TASK TO CARRY OUT =
Print nothing but the lines below starting at the line that holds "let next = (read_idx" and ending at the line that holds "unfoldable pub feed_samples_gpu", including both, each exactly as written.
====== SOURCE RECORDS
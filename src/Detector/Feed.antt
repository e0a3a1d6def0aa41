-- ===== src/Detector/Feed.antt =====
-- burst_detect.c: one FFT frame, all frames of a buffer on the CPU or in batches on the GPU, and the
-- bursts that are handed on.
pub mod Clock
pub mod Whole
use iridium_sniffer.Base.{
  ℕ, zero, suc, ◌+◌, ◌%◌, ◌^◌, List, [], ◌∷◌, ◌++◌, Option, none, some, Bool, true, false, length,
  map, ltb, leb, ◌==◌, if◌then◌else◌,
}
use iridium_sniffer.Base.Int.{ℤ}
use iridium_sniffer.Base.Doubles.{Doubles}
use iridium_sniffer.Detector.{BurstData, Settings, Detector, Active, Peak, Sample}
use iridium_sniffer.Detector.Kernels.{
  generic_window_cf, generic_fftshift_mag, generic_convert_i8_cf, convert_cf32,
}
use iridium_sniffer.Detector.Ring.{read_block, ringbuf_write, ringbuf_extract}
use iridium_sniffer.Detector.Noise.{update_filters_pre, update_filters_post}
use iridium_sniffer.Detector.Track.{
  update_bursts, remove_peaks_around_bursts, extract_peaks, delete_gone_bursts, update_burst_mask,
  create_new_bursts,
}

module _ (F : Doubles) (qsort : List (Peak F) → List (Peak F)) where
  open F use {Double}

  -- The calls where the history is primed.
  unfoldable pub detect : Settings F → Detector F → Detector F
  detect c d = create_new_bursts F c (
      update_burst_mask F c (
        delete_gone_bursts F c
          (extract_peaks F qsort c (remove_peaks_around_bursts F (update_bursts F c d)))))

  unfoldable pub process_magnitude_frame : Settings F → Detector F → List Double → Detector F
  process_magnitude_frame c d magnitude =
      let (d', primed) = update_filters_pre F (record d { magnitude_shifted = magnitude }) in
      update_filters_post F c (if primed then detect c d' else d') false

  -- What the callback gets for one burst, none if no sample is left.
  unfoldable pub extract_burst : Settings F → Detector F → Active F → List (BurstData F)
  extract_burst c d b =
      elim (ringbuf_extract F d.ringbuf b.start ((b.stop + c.burst_pre_len) % 2 ^ 64)) [
        | none ↦ []
        | some samples ↦
            record {
              info = b;
              center_frequency = c.center_frequency;
              sample_rate = c.sample_rate;
              fft_size = c.fft_size;
              start_time_ns = d.start_time_ns;
              samples = samples;
            }
            ∷ []
      ]

  unfoldable pub extract_bursts : Settings F → Detector F → List (Active F) → List (BurstData F)
  extract_bursts c d [] = []
  extract_bursts c d (b ∷ bursts) = extract_burst c d b ++ extract_bursts c d bursts

  unfoldable pub emit_gone_bursts : Settings F → Detector F → List (BurstData F) × Detector F
  emit_gone_bursts c d =
      let out = extract_bursts c d d.gone_bursts in
      (
        out,
        record d { gone_bursts = []; n_tagged_bursts = (d.n_tagged_bursts + length out) % 2 ^ 64 },
      )

  -- The samples of the frame at an absolute index.
  abbrev pub frame_at : Settings F → Detector F → ℕ → List (Sample F)
  frame_at c d idx = read_block d.ringbuf.cells (idx % length d.ringbuf.cells) c.fft_size

  -- Converted samples in the ring buffer. `now` is the clock.
  unfoldable pub take_in : Detector F → ℕ → List (Sample F) → Detector F
  take_in d now samples = record d {
    start_time_ns =
        if d.start_time_ns == 0
        then if d.pending_hw_ts == 0 then now else d.pending_hw_ts
        else d.start_time_ns;
    pending_hw_ts = 0;
    ringbuf = ringbuf_write F d.ringbuf d.sample_count samples;
    sample_count = (d.sample_count + length samples) % 2 ^ 64;
  }

  module _ (fft : List (Sample F) → List (Sample F)) where
    -- The kernels around the FFT.
    abbrev pub spectrum : Settings F → List (Sample F) → List Double
    spectrum c samples =
        generic_fftshift_mag F (fft (generic_window_cf F samples c.window)) c.fft_size

    unfoldable pub process_fft_frame : Settings F → Detector F → List (Sample F) → Detector F
    process_fft_frame c d samples =
        let (d', primed) =
          update_filters_pre F (record d { magnitude_shifted = spectrum c samples }) in
        update_filters_post F c (if primed then detect c d' else d') false

    abbrev pub advance : Settings F → Detector F → Detector F
    advance c d = record d { index = (d.index + c.fft_size) % 2 ^ 64 }

    -- The loop of the CPU path, in at most `fuel` rounds.
    unfoldable pub cpu_frames : ℕ → Settings F → Detector F → Detector F
    cpu_frames zero c d = d
    cpu_frames (suc fuel) c d = elim (leb ((d.index + c.fft_size) % 2 ^ 64) d.sample_count) [
      | true ↦ cpu_frames fuel c (advance c (process_fft_frame c d (frame_at c d d.index)))
      | false ↦ d
    ]

    -- Samples come in, the callback's bursts go out.
    unfoldable pub feed_samples :
        Settings F → Detector F → ℕ → List (Sample F) → List (BurstData F) × Detector F
    feed_samples c d now samples =
        let d' = take_in d now samples in emit_gone_bursts c (cpu_frames d'.sample_count c d')

    unfoldable pub burst_detector_feed :
        Settings F → Detector F → ℕ → List ℤ → List (BurstData F) × Detector F
    burst_detector_feed c d now iq = feed_samples c d now (generic_convert_i8_cf F iq)

    unfoldable pub burst_detector_feed_cf32 :
        Settings F → Detector F → ℕ → List Double → List (BurstData F) × Detector F
    burst_detector_feed_cf32 c d now iq = feed_samples c d now (convert_cf32 F iq)

  -- The plugin: a magnitude for each frame of the batch, or an error.
  module _ (gpu_process : List (List (Sample F)) → Option (List (List Double))) where
    unfoldable pub process_batch : Settings F → Detector F → List (List Double) → Detector F
    process_batch c d [] = d
    process_batch c d (m ∷ magnitudes) =
        let d' = process_magnitude_frame c d m in
        process_batch c (record d' { index = (d'.index + c.fft_size) % 2 ^ 64 }) magnitudes

    -- A batch that fails is dropped.
    unfoldable pub gpu_flush_batch : Settings F → Detector F → List (List (Sample F)) → Detector F
    gpu_flush_batch c d [] = d
    gpu_flush_batch c d (frame ∷ batch) = elim (gpu_process (frame ∷ batch)) [
      | none ↦ d
      | some magnitudes ↦ process_batch c d magnitudes
    ]

    -- The loop of the GPU path, in at most `fuel` rounds: the frame at `read_idx` joins the batch, and
    -- a batch that is full is processed and its bursts are handed on.
    unfoldable pub gpu_frames :
        ℕ
        → Settings F
        → Detector F
        → ℕ
        → ℕ
        → List (List (Sample F))
        → List (BurstData F) × Detector F
    gpu_frames zero c d size read_idx batch = ([], gpu_flush_batch c d batch)
    gpu_frames (suc fuel) c d size read_idx batch =
        let next = (read_idx + c.fft_size) % 2 ^ 64 in
        let batch' = batch ++ (frame_at c d read_idx ∷ []) in
        elim (leb next d.sample_count) [
          | false ↦ ([], gpu_flush_batch c d batch)
          | true ↦ elim (leb size (length batch')) [
            | false ↦ gpu_frames fuel c d size next batch'
            | true ↦
                let (out, d') = emit_gone_bursts c (gpu_flush_batch c d batch') in
                let (more, last) = gpu_frames fuel c d' size next [] in (out ++ more, last)
          ]
        ]

    -- Batches of 16 frames, where there is a GPU.
    unfoldable pub feed_samples_gpu :
        Settings F → Detector F → ℕ → List (Sample F) → List (BurstData F) × Detector F
    feed_samples_gpu c d now samples =
        let d1 = take_in d now samples in
        let (out, d2) = gpu_frames d1.sample_count c d1 16 d1.index [] in
        let (rest, d3) = emit_gone_bursts c d2 in (out ++ rest, d3)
============
RESPONSE FOR THIS EXERCISE =
        let next = (read_idx + c.fft_size) % 2 ^ 64 in
        let batch' = batch ++ (frame_at c d read_idx ∷ []) in
        elim (leb next d.sample_count) [
          | false ↦ ([], gpu_flush_batch c d batch)
          | true ↦ elim (leb size (length batch')) [
            | false ↦ gpu_frames fuel c d size next batch'
            | true ↦
                let (out, d') = emit_gone_bursts c (gpu_flush_batch c d batch') in
                let (more, last) = gpu_frames fuel c d' size next [] in (out ++ more, last)
          ]
        ]

    -- Batches of 16 frames, where there is a GPU.
    unfoldable pub feed_samples_gpu :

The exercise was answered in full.